I apologize if my questions sound very picky, repetitive, or haven't taken the conclusion very far. I just want to be as concise as possible because I think it is the language behind quantum mechanics that makes the subject even more difficult to understand than it already is.

Sure, fine descriptions!

However, usually one says a quantum object is like a particle when it's position is relatively certain but it's momentum is not. And vice versa for a wave, uncertain position and more certain momentum.

 

[markb287]

Sure, fine descriptions!

However, usually one says a quantum object is like a particle when it's position is relatively certain but it's momentum is not. And vice versa for a wave, uncertain position and more certain momentum.

I see. So let me modify my statement:

Electrons (or any quantum object) exhibit particle behavior when they are in a situation where their position is relatively certain, but their momentum is not; and they exhibit wave behavior when their momentum is relatively certain, but their position is not.

The main point behind this is that quantum objects are neither particles nor waves, but are simply phenomena that exhibit particle or wave behavior according to the experimenter's degree of measurable certainty. In other words, their behavior is dependent upon the experimenter's uncertainty in some aspect (position or momentum).

In addition, as per Bohr's Complementarity Principle as well as Heisenberg's Uncertainty Principle, an electron cannot exhibit particle behavior and wave behavior at the same time. Rather, the behavior is mutually exclusive, dependent on the type of experiment you conduct (relative certainty in measuring position requires uncertainty in measuring momentum, and vice versa).

So let's return back to the double slit experiment/Schrodinger's Cat experiment. If we place the electron beam (or the cat) in a position of uncertainty with regards to its position or state (i.e. turn the light off; isolate the cat), so that we cannot measure its position or state, thereby producing wave behavior as well as excluding the possibility of producing particle behavior, what point is there in interpreting the interference pattern or superposition as a probability of the electron's arrival or the cat's state? Wouldn't the term "probability" be a misnomer, since the electron (or the cat) doesn't express a position (particle behavior) when placed in a position of uncertainty, since the behavior of positionality cannot be produced?

It would seem to me that since the electron's position is held in a position of uncertainty, the electron doesn't express positionality. And it is this uncertainty with regards to positionality that actually produces the interference pattern.

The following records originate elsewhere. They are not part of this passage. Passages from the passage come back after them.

-- ===== src/Provision/Flow/Laws.antt =====
-- What `Provision` publishes: a key and the certificate that it belongs to.
use kmp_issuer.Base.{
  ◌≡◌, refl, ap, subst, inl, inr, true, false, List, Bool-cases, Result-cases, ok, ok-injective,
  err-ne-ok, is_nil, ℤ, pos, [],
}
use kmp_issuer.Text.{Bytes, codes, trim_space}
use kmp_issuer.X509.{Certificate, Platform}
use kmp_issuer.Chain.Build.{Bundle, build_bundle}
use kmp_issuer.Chain.Build.Bundles.{IsChainBundle, build_bundle-IsChainBundle}
use kmp_issuer.PrivateKey.Pem.{KeyPlatform}
use kmp_issuer.PrivateKey.Export.{EscrowedKey, parse_exported_private_key, matches_certificate}
use kmp_issuer.Client.Call.{Server, lift, map_error}
use kmp_issuer.Client.Call.Runs.{first_step, run_eq_ok, guard_eq_ok, map_err-eq-ok, result_of}
use kmp_issuer.Client.Csr.{export_csr}
use kmp_issuer.Client.Sign.{SignResult, sign_csr}
use kmp_issuer.Signer.Options.{Signer}
use kmp_issuer.Signer.Fetch.{Clock, fetch_certificate}
use kmp_issuer.Signer.Resolve.{sign_request, resolve_csr_id}
use kmp_issuer.Signer.Sign.{context}
use kmp_issuer.Provision.{ProvisionRequest}
use kmp_issuer.Provision.Names.{verify_provisioned_names}
use kmp_issuer.Provision.Covered.{CoversProvisioned, verify_provisioned_names_iff}
use kmp_issuer.Provision.Flow.{
  ProvisionedCertificate, read_key, matched_bundle, assemble, fetched_name, export_key,
  provision_fetched, provision_signed, provision_identified, provision_stored, create_stored,
  provision,
}

module _ (p : Platform) (q : KeyPlatform) where
  -- A key and a bundle that belong together: the bundle is a chain over the certificates, and its
  -- leaf carries the key and the names of the request.
  pub record IsMatched (req : ProvisionRequest) (certs : List Certificate)
      (private_key : EscrowedKey) (b : Bundle) : Type 0 where
    pub chain : IsChainBundle p certs b
    pub key : matches_certificate private_key.key b.leaf ≡ true
    pub names : CoversProvisioned p req b.leaf

  matched_bundle-IsMatched :
      (req : ProvisionRequest) (certs : List Certificate) (private_key : EscrowedKey) (b : Bundle)
      → matched_bundle p q req certs private_key ≡ ok b
      → IsMatched req certs private_key b
  unfolding matched_bundle
  matched_bundle-IsMatched req certs private_key b h =
      elim (Result-cases (build_bundle p certs private_key.key.public_key)) [
        | inr (e, failed) ↦ absurd (err-ne-ok (rw (matched_bundle, failed) at h))
        | inl (found, built) ↦ elim (Bool-cases (matches_certificate private_key.key found.leaf)) [
          | inr other ↦ absurd (err-ne-ok (rw (matched_bundle, built, other) at h))
          | inl belongs ↦ elim (Result-cases (verify_provisioned_names p req found.leaf)) [
            | inr (e, failed) ↦
                absurd (err-ne-ok (rw (matched_bundle, built, belongs, failed) at h))
            | inl (_, covered) ↦
                subst (IsMatched req certs private_key)
                  (ok-injective (rw (matched_bundle, built, belongs, covered) at h))
                  (record {
                    chain =
                        build_bundle-IsChainBundle p certs private_key.key.public_key found built;
                    key = belongs;
                    names = (verify_provisioned_names_iff p req found.leaf).0 covered;
                  })
          ]
        ]
      ]

  -- What was published comes from the export, and its key belongs to a bundle over the certificates.
  pub record IsProvisioned (req : ProvisionRequest) (certs : List Certificate) (exported : Bytes)
      (result : ProvisionedCertificate) : Type 0 where
    pub private_key : EscrowedKey
    pub read : parse_exported_private_key p q exported req.password ≡ ok private_key
    pub pem : result.private_key_pem ≡ private_key.pem
    pub matched : IsMatched req certs private_key result.bundle

  assemble-IsProvisioned :
      (req : ProvisionRequest) (csr_id : Bytes) (signed : SignResult) (certs : List Certificate)
      (exported : Bytes) (result : ProvisionedCertificate)
      → assemble p q req csr_id signed certs exported ≡ ok result
      → IsProvisioned req certs exported result
  unfolding assemble read_key
  assemble-IsProvisioned req csr_id signed certs exported result h =
      elim (Result-cases (read_key p q req exported)) [
        | inr (e, failed) ↦ absurd (err-ne-ok (rw (assemble, failed) at h))
        | inl (key, read) ↦ elim (Result-cases (matched_bundle p q req certs key)) [
          | inr (e, failed) ↦ absurd (err-ne-ok (rw (assemble, read, failed) at h))
          | inl (b, matched) ↦
              subst (IsProvisioned req certs exported)
                (ok-injective (rw (assemble, read, matched) at h))
                (record {
                  private_key = key;
                  read =
                      map_err-eq-ok _ (parse_exported_private_key p q exported req.password) read;
                  pem = refl;
                  matched = matched_bundle-IsMatched req certs key b matched;
                })
        ]
      ]

-- What is published bears the identifier of the request and the serial number of the signing.
assemble-ids :
    (p : Platform) (q : KeyPlatform) (req : ProvisionRequest) (csr_id : Bytes) (signed : SignResult)
    (certs : List Certificate) (exported : Bytes) (result : ProvisionedCertificate)
    → assemble p q req csr_id signed certs exported ≡ ok result
    → (csr_id ≡ result.csr_id) × (signed.serial_number ≡ result.serial_number)
unfolding assemble
assemble-ids p q req csr_id signed certs exported result h =
    elim (Result-cases (read_key p q req exported)) [
      | inr (e, failed) ↦ absurd (err-ne-ok (rw (assemble, failed) at h))
      | inl (key, read) ↦ elim (Result-cases (matched_bundle p q req certs key)) [
        | inr (e, failed) ↦ absurd (err-ne-ok (rw (assemble, read, failed) at h))
        | inl (b, matched) ↦
            let same = ok-injective (rw (assemble, read, matched) at h) in
            (ap (λ x. x.csr_id) same, ap (λ x. x.serial_number) same)
      ]
    ]

module _ (p : Platform) (q : KeyPlatform) (srv : Server) (k : Clock srv) (ceil_days : ℤ → ℤ)
    (s : Signer) where
  -- If `Provision` returns, the request has a password, certificates were fetched from the server
  -- by the serial number and a key was exported by the identifier that it reports, the private key that it publishes was read from that export with that
  -- password, and it belongs to the leaf of the bundle, which is a chain of signatures over these
  -- certificates and whose leaf has the names of the request.
  pub provision-IsProvisioned :
      (req : ProvisionRequest) (result : ProvisionedCertificate) (before after : Server.State srv)
      → provision p q srv k ceil_days s req before ≡ (ok result, after)
      → (is_nil req.password ≡ false)
        × ((certs : List Certificate) × (exported name : Bytes) × (asked told : Server.State srv)
            × ((fetch_certificate p srv k s name result.serial_number asked).0 ≡ ok certs)
            × ((export_csr p srv s.client result.csr_id req.export_file_type told).0 ≡ ok exported)
            × IsProvisioned p q req certs exported result)
  unfolding provision export_key provision_stored provision_identified provision_signed
      provision_fetched
  provision-IsProvisioned req result before after h =
      let (_, h₁) = guard_eq_ok (is_nil (trim_space req.common_name)) _ _ h in
      let (protected, h₂) = guard_eq_ok (is_nil req.password) _ _ h₁ in
      let (stored, _, h₃) =
        run_eq_ok (create_stored p q srv k ceil_days s req)
          (provision_stored p q srv k ceil_days s req) h₂ in
      let (csr_id, _, h₄) =
        run_eq_ok (resolve_csr_id p srv s stored req.common_name)
          (provision_identified p q srv k ceil_days s req) h₃ in
      let (signed, u, _, h₅) =
        first_step
          (map_error (context (codes "signing the certificate signing request: ")) (
            sign_csr p srv s.client (
              sign_request ceil_days s.opts csr_id
                (record { csr_pem = []; duration = pos 0; is_ca = false }))))
          (provision_signed p q srv k ceil_days s req csr_id) h₄ in
      let (certs, v, fetched, h₆) =
        first_step
          (map_error (context (codes "fetching the signed certificate: "))
            (fetch_certificate p srv k s (fetched_name req signed) signed.serial_number))
          (provision_fetched p q srv k ceil_days s req csr_id signed) h₅ in
      let (exported, sent, h₇) =
        run_eq_ok (export_key p q srv k ceil_days s req csr_id)
          (λ x. lift (assemble p q req csr_id signed certs x)) h₆ in
      let (same_id, same_serial) =
        assemble-ids p q req csr_id signed certs exported result (result_of h₇) in
      (
        protected,
        (
          certs,
          exported,
          fetched_name req signed,
          u,
          v,
          subst (λ x. (fetch_certificate p srv k s (fetched_name req signed) x u).0 ≡ ok certs)
              same_serial
              (map_err-eq-ok (context (codes "fetching the signed certificate: ")) _
                (result_of fetched)),
          subst (λ x. (export_csr p srv s.client x req.export_file_type v).0 ≡ ok exported) same_id
              (map_err-eq-ok (context (codes "exporting the private key: ")) _ sent),
          assemble-IsProvisioned p q req csr_id signed certs exported result (result_of h₇),
        ),
      )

In other words, there is no "probability of the electron's arrival" because the electron doesn't express an arrival (i.e. its arrival is not being measured). The only value expressed is the momentum of the electron beam, to the degree to which it can be measured by the backdrop.

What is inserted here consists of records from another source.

-- ===== src/Reconciler/Issue/Keys.antt =====
-- The key that `issue` writes, with the builders of internal/signer/kmp.go.
use kmp_issuer.Base.{◌≡◌, sym, ◌∙◌, ap, false, List, ok, some, is_nil, ℤ}
use kmp_issuer.Text.{Bytes}
use kmp_issuer.X509.{Certificate, Platform}
use kmp_issuer.Api.Issuers.{IssuerSpec}
use kmp_issuer.Api.Certificates.{KmpCertificate, KmpCertificateStatus}
use kmp_issuer.Cluster.Data.{SecretData}
use kmp_issuer.Cluster.Builders.{Provisioner, Builders}
use kmp_issuer.PrivateKey.Pem.{KeyPlatform}
use kmp_issuer.Client.Call.{Server}
use kmp_issuer.Client.Config.{Net}
use kmp_issuer.Client.Csr.{export_csr}
use kmp_issuer.Signer.Options.{Signer}
use kmp_issuer.Signer.Fetch.{Clock, fetch_certificate}
use kmp_issuer.Provision.{ProvisionRequest}
use kmp_issuer.Provision.Flow.{ProvisionedCertificate, provision}
use kmp_issuer.Provision.Flow.Laws.{IsProvisioned, provision-IsProvisioned}
use kmp_issuer.Adapter.{KmpSigner, signer_from_issuer, provision_key, provisioner_from_issuer}
use kmp_issuer.Adapter.Laws.{provisioner_from_issuer-eq-ok}
use kmp_issuer.Reconciler.{Reconciler}
use kmp_issuer.Reconciler.Spec.{provision_request}
use kmp_issuer.Reconciler.Issue.{issue}
use kmp_issuer.Reconciler.Issue.Trace.{IsIssued, issue-IsIssued}

module _ (p : Platform) (q : KeyPlatform) (n : Net) (srv : Server) (k : Clock srv)
    (ceil_days : ℤ → ℤ) where
  -- What was obtained from Key Manager Plus with the signer of an issuer and of its credentials: the
  -- certificates that were fetched by the serial number of the answer, and the key that was exported
  -- by its identifier, from which the answer was made.
  pub record IsObtained (spec : IssuerSpec) (secret_data : SecretData) (req : ProvisionRequest)
      (result : ProvisionedCertificate) : Type 0 where
    pub signer : KmpSigner
    pub built : signer_from_issuer (Platform.unicode p) n (some spec) secret_data ≡ ok signer
    pub name : Bytes
    pub certs : List Certificate
    pub asked : Server.State srv
    pub fetched :
        (fetch_certificate p srv k signer.signer name result.serial_number asked).0 ≡ ok certs
    pub exported : Bytes
    pub told : Server.State srv
    pub sent :
        (export_csr p srv (Signer.client signer.signer) result.csr_id req.export_file_type told).0
        ≡ ok exported
    pub provisioned : IsProvisioned p q req certs exported result

  -- What a provisioner of the adapter answers with: a key that belongs to the certificate.
  provisioner-IsObtained :
      (spec : IssuerSpec) (secret_data : SecretData) (f : Provisioner (Server.State srv))
      (req : ProvisionRequest) (result : ProvisionedCertificate) (before after : Server.State srv)
      → provisioner_from_issuer p q n srv k ceil_days spec secret_data ≡ ok f
      → f req before ≡ (ok result, after)
      → (is_nil req.password ≡ false) × IsObtained spec secret_data req result
  unfolding provision_key
  provisioner-IsObtained spec secret_data f req result before after built answered =
      let (o, signer, same) =
        provisioner_from_issuer-eq-ok p q n srv k ceil_days spec secret_data f built in
      let run : provision p q srv k ceil_days o.signer req before ≡ (ok result, after) =
        ap (λ g. g req before) same ∙ answered in
      let (full, (certs, exported, name, asked, told, fetched, sent, provisioned)) =
        provision-IsProvisioned p q srv k ceil_days o.signer req result before after run in
      (
        full,
        record {
          signer = o;
          built = signer;
          name = name;
          certs = certs;
          asked = asked;
          fetched = fetched;
          exported = exported;
          told = told;
          sent = sent;
          provisioned = provisioned;
        },
      )

  -- With the provisioners of internal/signer/kmp.go: if `issue` returns no error, the password that
  -- it used is not empty, and with the signer of the issuer and the credentials that it read,
  -- certificates were fetched from the server by the serial number of the answer and a key was
  -- exported by its identifier; the key that it wrote was read
  -- from that export with that password and belongs to the leaf of a bundle, a chain of signatures
  -- over the fetched certificates whose leaf has the names of the request. The Secret was written
  -- with that key and with the split of that bundle's chain.
  pub issue-IsProvisioned :
      (r : Reconciler (Server.State srv)) (certificate : KmpCertificate) (s t : Server.State srv)
      (status : KmpCertificateStatus)
      → Builders.provisioner (Reconciler.builders r) ≡ provisioner_from_issuer p q n srv k ceil_days
      → issue r certificate s ≡ (ok status, t)
      → (i : IsIssued r certificate s t status) × (is_nil i.password ≡ false)
        × IsObtained i.spec i.auth_secret.contents
            (provision_request certificate.spec i.password)
            i.provisioned
  unfolding provision_request
  issue-IsProvisioned r certificate s t status wired h =
      let i = issue-IsIssued r certificate s t status h in
      let (full, obtained) =
        provisioner-IsObtained i.spec i.auth_secret.contents i.provisioner
          (provision_request certificate.spec i.password) i.provisioned i.protected_state
          i.provisioned_state (ap (λ b. b i.spec i.auth_secret.contents) (sym wired) ∙ i.built)
          i.answered in
      (i, full, obtained)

Unless, of course, the backdrop re-establishes relative certainty with respect to the electron's position. Would this be the case? If not, the question as to what the wave function actually represents is, I believe, still left unanswered by quantum mechanics.

 

[mfb]

If you could isolate/freeze/... the cat sufficient to get a superposition of two different cat states, you could do interference experiments with cats. You have to describe it as superposition and not as probabilities of (cat lives) and (cat is dead).

While position and momentum uncertainty have some relation to particle-like and wave-like behavior, they are not the same.

 

[markb287]

While position and momentum uncertainty have some relation to particle-like and wave-like behavior, they are not the same.

You are right. Position is not the same as particle-behavior, nor is momentum wave-like behavior. However, the act of measuring the position of a quantum object produces particle-behavior in that object, just as the act of measuring the momentum of a quantum object produces wave-behavior. When you use an apparatus to see if the electron is passing through slit A or slit B, you are treating the electron as a particle, which it ends up acting as (i.e. you can tell whether or not it passed through slit A or slit B).

However, it only acts this way when you treat it like a particle. If you don't, then it produces an interference pattern, acting as a wave. My argument is that the probabilistic interpretation, which reads the interference pattern as a probability of the electron's arrival on the backdrop, is not adequate, since an electron cannot be said to have an "arrival" -- i.e. since its positionality depends upon our ability to measure it.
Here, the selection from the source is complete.